GenBank can be trusted, study shows: Comparisons of 4.7 million mtDNA sequences show GenBank is reliable for animal IDs
Did a murderer walk through the room? Did a shark just swim by? Is this a poisonous mushroom? Which reef species are lost when the coral dies? These questions can potentially be answered quickly and cheaply based on tiny samples of DNA found in the environment. But identifying DNA requires a trustworthy library of previously identified DNA sequences for comparison. Smithsonian scientists and their colleagues analyzed more than 4.7 million animal DNA sequences from GenBank, the most commonly used tool for this purpose, and discovered that animal identification errors are surprisingly rare -- and sometimes quite funny.

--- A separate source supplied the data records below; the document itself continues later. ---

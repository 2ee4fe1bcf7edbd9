-- ===== src/Controller/Settled/UserGroup.antt =====
-- pocketidusergroup_controller.go: a run on a user group that is in sync.
use pocketid_operator.Base.{◌≡◌, false, is_empty, ◌∷◌}
use pocketid_operator.Error.{ok}
use pocketid_operator.Api.Meta.{Key, key_of}
use pocketid_operator.Api.UserGroup.{UserGroup}
use pocketid_operator.Api.Instance.{Instance}
use pocketid_operator.PocketId.Types.{UserGroup as RemoteGroup}
use pocketid_operator.PocketId.Request.{Client}
use pocketid_operator.PocketId.Client.{get_group, do_request}
use pocketid_operator.World.{
  Env, History, got, update_status, user_group_kind, fetch, put, clock, send, on_error, ◌>>=◌,
}
use pocketid_operator.World.Effects.{changes, changes-of_effects}
use pocketid_operator.Controller.Status.{set_synced_condition, set_condition}
use pocketid_operator.Controller.Access.{access}
use pocketid_operator.Controller.Permission.{effects-access}
use pocketid_operator.Controller.Settled.{StatusOnly, StatusOnly-wrote}
use pocketid_operator.Controller.UserGroup.Reconcile.{
  ensure_finalizer, write_synced, finish, reconcile_live, reconcile_with, reconcile_group,
  reconcile,
}
use pocketid_operator.Controller.UserGroup.Reconcile.Agreement.{Agrees}
use pocketid_operator.Controller.UserGroup.Reconcile.Progress.{
  IsLive, after_access, kept, named_by_id, sync_group-Reaches,
}

-- The status write is the one change.
write_synced-StatusOnly :
    (env : Env) (latest : UserGroup) (remote : RemoteGroup) (h before : History)
    → ((history : History) (x : UserGroup)
        → (y : UserGroup) × (env.write update_status user_group_kind history x ≡ ok y))
    → changes h ≡ changes before
    → StatusOnly user_group_kind before (write_synced env latest remote h)
unfolding write_synced set_synced_condition set_condition clock put ◌>>=◌
write_synced-StatusOnly env latest remote h before stored same =
    rw ((stored _ _).1, on_error) (StatusOnly-wrote user_group_kind _ _ before same)

module _ (env : Env) (key : Key) (h : History) (g : UserGroup) (i : Instance) (c : Client)
    (remote : RemoteGroup) where
  abbrev after_group : History
  after_group = (get_group env c g.status.group_id (after_access env key h g i c)).1

  -- A live user group with a group that PocketID gives, with the name and the friendly name of the
  -- spec, and that can be read again and its status written.
  pub record IsSettled (latest : UserGroup) : Type 0 where
    pub live : IsLive env key h g i c
    pub has_group : is_empty g.status.group_id ≡ false
    pub group : (get_group env c g.status.group_id (after_access env key h g i c)).0 ≡ ok remote
    pub agrees : Agrees remote g.spec
    pub reread : env.get user_group_kind after_group (key_of g.metadata) ≡ ok latest
    pub stored :
        (history : History) (x : UserGroup)
        → (y : UserGroup) × (env.write update_status user_group_kind history x ≡ ok y)

  changes-after_group : changes after_group ≡ changes h
  unfolding get_group do_request send ◌>>=◌
  changes-after_group =
      changes-of_effects
        (access env g.spec.instance_ref g.namespace "" (got user_group_kind key ∷ h)).1
        (got user_group_kind key ∷ h)
        (effects-access env g.spec.instance_ref g.namespace "" (got user_group_kind key ∷ h))

  pub reconcile-group_settled :
      (latest : UserGroup) → IsSettled latest → StatusOnly user_group_kind h (reconcile env key h)
  unfolding reconcile reconcile_group reconcile_with reconcile_live ensure_finalizer finish fetch
      ◌>>=◌
  reconcile-group_settled latest s =
      rw
        (
          s.live.found,
          on_error,
          s.live.opened,
          s.live.not_deleted,
          s.live.held,
          sync_group-Reaches env c g (after_access env key h g i c) remote g after_group
              (kept remote after_group (named_by_id remote s.has_group s.group) s.agrees),
          s.reread,
        )
        (write_synced-StatusOnly env latest remote _ h s.stored changes-after_group)
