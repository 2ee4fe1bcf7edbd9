-- ===== src/Controller/User.antt =====
-- internal/controller/pocketiduser_controller.go. The parts are in the modules below: Account
-- (`resolveOrCreateUser`), Groups (`syncGroupMemberships`) and Onboarding (onboarding.go).
pub mod Account
pub mod Groups
pub mod Onboarding
pub mod Reconcile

"We wanted to use GenBank to identify DNA from ocean water samples as we evaluate the health of coral reefs and other marine ecosystems, but we were concerned by reports questioning the accuracy of the data there," said Matthieu Leray, post-doctoral fellow at the Smithsonian Tropical Research Institute (STRI). "In our sequence comparisons, we found fewer errors than people had predicted, which is a very good news, because monitoring programs and conservation efforts increasingly rely on analysis of environmental DNA."
The reliability of data in GenBank, the virtual library maintained by the U.S. National Center for Biotechnology Information at the National Institutes of Health, where geneticists deposit DNA sequences from all living creatures, has been questioned in the past. An article entitled "Can You Bank on GenBank?" published in Trends in Ecology and Evolution in 2003, referred to studies showing that half of human mitochondrial DNA sequences contained errors, and that there were significant differences in sequences deposited for fruit flies. Another article reported that 12 of 51 species of the highly poisonous fungus, Amanita, were misidentified.
"We assumed that we would find lots of errors when we started the study," said Nancy Knowlton, scientist emeritus at STRI and at the Smithsonian's National Museum of Natural History.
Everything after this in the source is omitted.